• Task directions
When you reach the line with "key s ≡ ok ret t" in the data below, begin printing lines exactly, and stop once the line with "Step-IsSound s t (deselect" has been printed.

**** Excerpted records

-- ===== src/Binding/Calls.antt =====
-- The pointers over the other calls of python/openpcd.c.
use librfid.Prelude.{
  ℕ, ℤ, pos, negsuc, is_neg, ◌≡◌, ◌⊎◌, inl, inr, refl, Option, none, some, List, Bool, true, false,
  not, if◌then◌else◌, arith, ◌==◌, ◌||◌, ltb, u8, take,
}
use librfid.Control.{Run, ok, pure, ◌>>◌}
use librfid.Reader.{Reader}
use librfid.Layer2.Dispatch as Layer2
use librfid.Layer2.Dispatch.{Bounds, opt_uid}
use librfid.Tcl.Handle.{ProtocolHandle}
use librfid.MifareClassic.Pages.{set_key, auth}
use librfid.Protocol
use librfid.Protocol.{Stack}
use librfid.Binding.{
  PcdState, Layer2Pointer, null, alone, shared, on_ph, on_l2h, drop_l2h, drop_ph, release_l2h,
  deselect_card, cl_auth, read_at, read_of, write_at, write_of, get_card_id, choose_key, is_some,
}
use librfid.Control.Post.{Post, Post-bind, Post-ok, Post-if, Post-branch}
use librfid.Binding.Shape.{
  no_card, layer2_only, card, shape_of, shape, In, on_ph_kept, on_l2h_alone, on_l2h_shared,
  drop_ph-Post, drop_l2h-Post,
}

-- Between calls a card is selected, or there is none.
abbrev pub IsSound : {W : Type 0} → PcdState W → Type 0
IsSound s = (shape s ≡ no_card) ⊎ (shape s ≡ card)

abbrev pub Keeps : {W A : Type 0} → A → PcdState W → Type 0
Keeps a s = IsSound s

module _ {W : Type 0} where
  without_ph :
      (l : Layer2Pointer W) (p : Option (ProtocolHandle W))
      → shape_of l p ≡ no_card
      → is_some p ≡ false
  without_ph l none c = refl
  without_ph null (some p) c = cc
  without_ph (alone h) (some p) c = cc
  without_ph shared (some p) c = cc

  has_card : (s : PcdState W) → IsSound s → not (is_some s.ph) ≡ false → shape s ≡ card
  has_card s (inr c) e = c
  has_card s (inl c) e = ground (arith, without_ph s.l2h s.ph c)

  -- A call that wants a card is only made where there is one.
  with_card :
      {A : Type 0} (s : PcdState W) (x y : Run (PcdState W) A)
      → IsSound s
      → Post Keeps x
      → (shape s ≡ card → Post Keeps y)
      → Post Keeps (if not (is_some s.ph) then x else y)
  with_card s x y sound first second =
      Post-if Keeps (not (is_some s.ph)) x y (λ _. first) (λ e. second (has_card s sound e))

module _ {W : Type 0} (rdr : Reader W) where
  release_kept : (s : PcdState W) → shape s ≡ layer2_only → Post Keeps (release_l2h rdr s)
  unfolding release_l2h
  release_kept s c =
      Post-bind (In layer2_only) Keeps (on_l2h (Layer2.close rdr) s) _
        (on_l2h_alone (Layer2.close rdr) s c)
        (λ _ t c1.
          Post-bind (In layer2_only) Keeps (on_l2h (Layer2.fini rdr) t)
            (λ _. drop_l2h >> pure (pos 0)) (on_l2h_alone (Layer2.fini rdr) t c1)
            (λ _ u c2.
              Post-bind (In no_card) Keeps (drop_l2h u) (λ _. pure (pos 0)) (drop_l2h-Post u c2)
                (λ _ v c3. Post-ok Keeps _ v (inl c3))))

  pub deselect_kept :
      (stack : Stack) (given : Bool) (s : PcdState W)
      → IsSound s
      → Post Keeps (deselect_card rdr stack given s)
  unfolding deselect_card
  deselect_kept stack false s sound = Post-ok Keeps _ s sound
  deselect_kept stack true s sound = with_card s _ _ sound (Post-ok Keeps _ s sound) (λ c.
      Post-bind (In card) Keeps (on_ph (Protocol.close rdr stack) s) _
        (on_ph_kept (Protocol.close rdr stack) s c)
        (λ _ s1 c1.
          Post-bind (In card) Keeps (on_ph (Protocol.fini rdr) s1) _
            (on_ph_kept (Protocol.fini rdr) s1 c1)
            (λ _ s2 c2.
              Post-bind (In layer2_only) Keeps (drop_ph s2) (λ _. release_l2h rdr)
                (drop_ph-Post s2 c2) (λ _ s3 c3. release_kept s3 c3))))

  abbrev Authenticated : ℤ → PcdState W → Type 0
  Authenticated rc s = IsSound s × (is_neg rc ≡ false → shape s ≡ card)

  fails : (n : ℕ) (s : PcdState W) → IsSound s → Post Authenticated (ok (negsuc n) s)
  fails n s sound = Post-ok Authenticated _ s (sound, λ e. cc)

  cl_auth_kept : (page : ℕ) (s : PcdState W) → IsSound s → Post Authenticated (cl_auth rdr page s)
  unfolding cl_auth
  cl_auth_kept page s sound =
      Post-if Authenticated (page == 0 || ltb 255 page) _ _ (λ _. fails 0 s sound)
        (λ _.
          Post-if Authenticated (not (is_some s.ph)) _ _ (λ _. fails 11 s sound)
            (λ e.
              let c = has_card s sound e in
              Post-bind (In card) Authenticated (on_ph (set_key rdr s.key) s) _
                (on_ph_kept (set_key rdr s.key) s c)
                (λ rc t c1.
                  Post-branch Authenticated (is_neg rc) _ _ t (λ _. fails 1 t (inr c1))
                    (λ _.
                      Post-bind (In card) Authenticated (on_ph (auth rdr (u8 s.cl_auth) page) t) _
                        (on_ph_kept (auth rdr (u8 s.cl_auth) page) t c1)
                        (λ rc' u c2. Post-ok Authenticated _ u (inr c2, λ _. c2))))))

  read_at_kept :
      (junk : List ℕ) (page len : ℕ) (s : PcdState W)
      → IsSound s
      → Post Keeps (read_at rdr junk page len s)
  unfolding read_at
  read_at_kept junk page len s sound =
      Post-bind Authenticated Keeps (cl_auth rdr page s) _ (cl_auth_kept page s sound)
        (λ res t (sound', passed).
          Post-branch Keeps (is_neg res) _ _ t (λ _. Post-ok Keeps _ t sound')
            (λ e.
              Post-bind (In card) Keeps (on_ph (Protocol.read_page rdr page 16) t) _
                (on_ph_kept (Protocol.read_page rdr page 16) t (passed e))
                (λ p u c. Post-ok Keeps _ u (inr c))))

  write_at_kept :
      (content : List ℕ) (page len : ℕ) (s : PcdState W)
      → IsSound s
      → Post Keeps (write_at rdr content page len s)
  unfolding write_at
  write_at_kept content page len s sound =
      Post-bind Authenticated Keeps (cl_auth rdr page s) _ (cl_auth_kept page s sound)
        (λ res t (sound', passed).
          Post-branch Keeps (is_neg res) _ _ t (λ _. Post-ok Keeps _ t sound')
            (λ e.
              Post-bind (In card) Keeps (on_ph (Protocol.write_page rdr page _ 16) t) _
                (on_ph_kept (Protocol.write_page rdr page _ 16) t (passed e))
                (λ p u c. Post-ok Keeps _ u (inr c))))

  pub card_id_kept :
      (given : Bool) (s : PcdState W) → IsSound s → Post Keeps (get_card_id rdr given s)
  unfolding get_card_id
  card_id_kept false s sound = Post-ok Keeps _ s sound
  card_id_kept true s sound = with_card s _ _ sound (Post-ok Keeps _ s sound) (λ c.
      Post-bind (In card) Keeps (on_l2h (Layer2.getopt rdr opt_uid 4) s) _
        (on_l2h_shared (Layer2.getopt rdr opt_uid 4) s c) (λ g t c1. Post-ok Keeps _ t (inr c1)))

  pub read_of_kept :
      (junk : List ℕ) (given : Bool) (at : Option (ℕ × ℕ)) (s : PcdState W)
      → IsSound s
      → Post Keeps (read_of rdr junk given at s)
  read_of_kept junk given none s sound = Post-ok Keeps _ s sound
  read_of_kept junk false (some (page, len)) s sound = Post-ok Keeps _ s sound
  read_of_kept junk true (some (page, len)) s sound = read_at_kept junk page len s sound

  pub write_of_kept :
      (content : List ℕ) (given : Bool) (at : Option (ℕ × ℕ)) (s : PcdState W)
      → IsSound s
      → Post Keeps (write_of rdr content given at s)
  write_of_kept content given none s sound = Post-ok Keeps _ s sound
  write_of_kept content false (some (page, len)) s sound = Post-ok Keeps _ s sound
  write_of_kept content true (some (page, len)) s sound = write_at_kept content page len s sound

  pub choose_key_kept :
      (given : Bool) (key_id : ℕ) (key : List ℕ) (s : PcdState W)
      → IsSound s
      → Post Keeps (choose_key rdr given key_id key s)
  unfolding choose_key
  choose_key_kept given key_id key s sound =
      Post-if Keeps (not given) _ _ (λ _. Post-ok Keeps _ s sound)
        (λ _.
          Post-if Keeps (key_id == 0) _ _
            (λ _. Post-ok Keeps (pos 0) (record s { cl_auth = 0x60; key = take 6 key }) sound)
            (λ _.
              Post-if Keeps (key_id == 1) _ _
                (λ _. Post-ok Keeps (pos 0) (record s { cl_auth = 0x61; key = take 6 key }) sound)
                (λ _. Post-ok Keeps _ s sound)))
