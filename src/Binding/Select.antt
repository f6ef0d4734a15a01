-- ===== src/Binding/Select.antt =====
-- The pointers over `openpcd_select_card`, python/openpcd.c.
use librfid.Prelude.{
  ℤ, pos, negsuc, is_neg, ◌≡◌, ◌⊎◌, inl, inr, refl, Bool, true, false, not, if◌then◌else◌,
}
use librfid.Control.{fault, ◌>>=◌}
use librfid.Reader.{Reader}
use librfid.Layer2.Dispatch as Layer2
use librfid.Layer2.Dispatch.{Bounds, opt_uid}
use librfid.Tcl.Handle.{ProtocolHandle}
use librfid.Protocol
use librfid.Protocol.{Stack}
use librfid.Binding.{
  PcdState, alone, on_ph, on_l2h, drop_ph, make_ph, give_up, not_opened, after_open, after_init,
  after_layer2, pcd_error, select_card,
}
use librfid.Control.Post.{Post, Post-bind}
use librfid.Binding.Shape.{
  no_card, layer2_only, card, shape, In, on_ph_kept, on_l2h_alone, drop_ph-Post, drop_l2h-Post,
  MadeOrNot, started, make_ph-Post,
}

-- After a call that selects a card: it succeeded and both handles are there, or it failed and neither is.
abbrev pub SelectedOrNot : {W : Type 0} → ℤ → PcdState W → Type 0
SelectedOrNot ret s =
    ((is_neg ret ≡ false) × (shape s ≡ card)) ⊎ ((is_neg ret ≡ true) × (shape s ≡ no_card))

module _ {W : Type 0} (rdr : Reader W) where
  give_up-Post :
      (res : ℤ) (s : PcdState W)
      → is_neg res ≡ true
      → shape s ≡ layer2_only
      → Post SelectedOrNot (give_up rdr res s)
  unfolding give_up Post
  give_up-Post res s neg c =
      Post-bind (In layer2_only) SelectedOrNot (on_l2h (Layer2.fini rdr) s) _
        (on_l2h_alone (Layer2.fini rdr) s c) (λ _ t only. inr (neg, drop_l2h-Post t only))

  closing :
      (res : ℤ) (s : PcdState W)
      → is_neg res ≡ true
      → shape s ≡ layer2_only
      → Post SelectedOrNot ((on_l2h (Layer2.close rdr) >>= λ _. give_up rdr res) s)
  closing res s neg c =
      Post-bind (In layer2_only) SelectedOrNot (on_l2h (Layer2.close rdr) s) _
        (on_l2h_alone (Layer2.close rdr) s c) (λ _ t only. give_up-Post res t neg only)

  not_opened-Post : (s : PcdState W) → shape s ≡ card → Post SelectedOrNot (not_opened rdr s)
  unfolding not_opened
  not_opened-Post s c =
      Post-bind (In card) SelectedOrNot (on_ph (Protocol.fini rdr) s) _
        (on_ph_kept (Protocol.fini rdr) s c)
        (λ _ t both.
          Post-bind (In layer2_only) SelectedOrNot (drop_ph t) _ (drop_ph-Post t both)
            (λ _ u only. closing (pcd_error 8) u refl only))

  after_open-Post :
      (rc : ℤ) (s : PcdState W) → shape s ≡ card → Post SelectedOrNot (after_open rdr rc s)
  after_open-Post (pos n) s c = unfold Post in inl (refl, c)
  after_open-Post (negsuc n) s c = not_opened-Post s c

  after_init-Post :
      (made : Bool) (s : PcdState W) → MadeOrNot made s → Post SelectedOrNot (after_init rdr made s)
  unfolding after_init
  after_init-Post false s c = closing (pcd_error 7) s refl c
  after_init-Post true s c =
      Post-bind (In card) SelectedOrNot (on_ph (Protocol.open_protocol rdr) s) _
        (on_ph_kept (Protocol.open_protocol rdr) s c) (λ rc t both. after_open-Post rc t both)

  after_layer2-Post :
      (allocated : Bool) (block : ProtocolHandle W) (rc : ℤ) (s : PcdState W)
      → shape s ≡ layer2_only
      → Post SelectedOrNot (after_layer2 rdr allocated block rc s)
  unfolding after_layer2
  after_layer2-Post allocated block (negsuc n) s c = give_up-Post (pcd_error 6) s refl c
  after_layer2-Post allocated block (pos n) s c =
      Post-bind MadeOrNot SelectedOrNot (make_ph (Protocol.init rdr 3 allocated) block s) _
        (make_ph-Post (Protocol.init rdr 3 allocated) block s) after_init-Post

  opened_layer2 :
      (n : Bounds) (allocated made : Bool) (block : ProtocolHandle W) (s : PcdState W)
      → shape s ≡ layer2_only
      → Post SelectedOrNot (
          (if not made
              then (λ s. fault)
              else (do rc ← on_l2h (Layer2.open_l2 rdr n); after_layer2 rdr allocated block rc))
            s)
  opened_layer2 n allocated false block s c = unfold Post in tt
  opened_layer2 n allocated true block s c =
      Post-bind (In layer2_only) SelectedOrNot (on_l2h (Layer2.open_l2 rdr n) s) _
        (on_l2h_alone (Layer2.open_l2 rdr n) s c) (after_layer2-Post allocated block)

  pub select_card-Post :
      (n : Bounds) (allocated allocated' given : Bool) (block : ProtocolHandle W) (s : PcdState W)
      → shape s ≡ no_card
      → Post SelectedOrNot (select_card rdr n allocated allocated' block given s)
  unfolding select_card
  select_card-Post n allocated allocated' false block s c = unfold Post in inr (refl, c)
  select_card-Post n allocated allocated' true block s c =
      let t = record s { l2h = alone block.l2h } in
      Post-bind (In layer2_only) SelectedOrNot (on_l2h (Layer2.init rdr 1 allocated) t) _
        (on_l2h_alone (Layer2.init rdr 1 allocated) t (started block.l2h s.l2h s.ph c))
        (λ made u only. opened_layer2 n allocated' made block u only)
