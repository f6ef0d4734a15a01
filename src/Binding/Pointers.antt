-- ===== src/Binding/Pointers.antt =====
-- The pointers to the handles in python/openpcd.c, over any sequence of calls.
use librfid.Prelude.{ℕ, ℤ, ◌≡◌, inl, inr, refl, List, Bool}
use librfid.Control.{ok}
use librfid.Reader.{Reader}
use librfid.Layer2.Dispatch.{Bounds}
use librfid.Tcl.Handle.{ProtocolHandle}
use librfid.Protocol.{Stack}
use librfid.Binding.{
  PcdState, PcdRead, select_card, deselect_card, read, write, get_card_id, choose_key, opened,
}
use librfid.Control.Post.{ended}
use librfid.Binding.Shape.{no_card, shape}
use librfid.Binding.Select.{SelectedOrNot, select_card-Post}
use librfid.Binding.Calls.{
  IsSound, Keeps, deselect_kept, card_id_kept, read_of_kept, write_of_kept, choose_key_kept,
}

-- A call of the library that ends. A card is only selected where none is.
pub data Step {W : Type 0} (rdr : Reader W) (s t : PcdState W) : Type 0 where
  select :
      (n : Bounds) (allocated allocated' given : Bool) (block : ProtocolHandle W) (ret : ℤ)
      → shape s ≡ no_card
      → select_card rdr n allocated allocated' block given s ≡ ok ret t
      → Step rdr s t
  deselect :
      (stack : Stack) (given : Bool) (ret : ℤ)
      → deselect_card rdr stack given s ≡ ok ret t
      → Step rdr s t
  read_page :
      (junk : List ℕ) (given : Bool) (page len : ℤ) (r : PcdRead)
      → read rdr junk given page len s ≡ ok r t
      → Step rdr s t
  write_page :
      (content : List ℕ) (given : Bool) (page len ret : ℤ)
      → write rdr content given page len s ≡ ok ret t
      → Step rdr s t
  card_id : (given : Bool) (r : PcdRead) → get_card_id rdr given s ≡ ok r t → Step rdr s t
  set_key_to :
      (given : Bool) (key_id : ℕ) (key : List ℕ) (ret : ℤ)
      → choose_key rdr given key_id key s ≡ ok ret t
      → Step rdr s t

pub data Reach {W : Type 0} (rdr : Reader W) (s : PcdState W) : PcdState W → Type 0 where
  here : Reach rdr s s
  next : {t u : PcdState W} → Reach rdr s t → Step rdr t u → Reach rdr s u

SelectedOrNot-IsSound : {W : Type 0} (ret : ℤ) (s : PcdState W) → SelectedOrNot ret s → IsSound s
SelectedOrNot-IsSound ret s (inl (_, c)) = inr c
SelectedOrNot-IsSound ret s (inr (_, c)) = inl c

module _ {W : Type 0} (rdr : Reader W) where
  Step-IsSound : (s t : PcdState W) → Step rdr s t → IsSound s → IsSound t
  unfolding read write
  Step-IsSound s t (select n allocated allocated' given block ret none_yet e) sound =
      SelectedOrNot-IsSound ret t (
        ended SelectedOrNot _ ret _ e
          (select_card-Post rdr n allocated allocated' given block s none_yet))
  Step-IsSound s t (deselect stack given ret e) sound =
      ended Keeps _ ret _ e (deselect_kept rdr stack given _ sound)
  Step-IsSound s t (read_page junk given page len r e) sound =
      ended Keeps _ r _ e (read_of_kept rdr junk given _ _ sound)
  Step-IsSound s t (write_page content given page len ret e) sound =
      ended Keeps _ ret _ e (write_of_kept rdr content given _ _ sound)
  Step-IsSound s t (card_id given r e) sound = ended Keeps _ r _ e (card_id_kept rdr given _ sound)
  Step-IsSound s t (set_key_to given key_id key ret e) sound =
      ended Keeps _ ret _ e (choose_key_kept rdr given key_id key _ sound)

  Reach-IsSound : {s t : PcdState W} → IsSound s → Reach rdr s t → IsSound t
  Reach-IsSound sound here = sound
  Reach-IsSound sound (next before step) = Step-IsSound _ _ step (Reach-IsSound sound before)

  -- After any sequence of calls that end, on a reader just opened, with a card selected only where
  -- none is, either both handles are there and the protocol's stands on that of the second layer, or
  -- neither is.
  pub opened-IsSound : (w : W) (s : PcdState W) → Reach rdr (opened rdr w) s → IsSound s
  unfolding opened
  opened-IsSound w s run = Reach-IsSound (inl refl) run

********

• Exercise answer
      → choose_key rdr given key_id key s ≡ ok ret t
      → Step rdr s t

pub data Reach {W : Type 0} (rdr : Reader W) (s : PcdState W) : PcdState W → Type 0 where
  here : Reach rdr s s
  next : {t u : PcdState W} → Reach rdr s t → Step rdr t u → Reach rdr s u

SelectedOrNot-IsSound : {W : Type 0} (ret : ℤ) (s : PcdState W) → SelectedOrNot ret s → IsSound s
SelectedOrNot-IsSound ret s (inl (_, c)) = inr c
SelectedOrNot-IsSound ret s (inr (_, c)) = inl c

module _ {W : Type 0} (rdr : Reader W) where
  Step-IsSound : (s t : PcdState W) → Step rdr s t → IsSound s → IsSound t
  unfolding read write
  Step-IsSound s t (select n allocated allocated' given block ret none_yet e) sound =
      SelectedOrNot-IsSound ret t (
        ended SelectedOrNot _ ret _ e
          (select_card-Post rdr n allocated allocated' given block s none_yet))
  Step-IsSound s t (deselect stack given ret e) sound =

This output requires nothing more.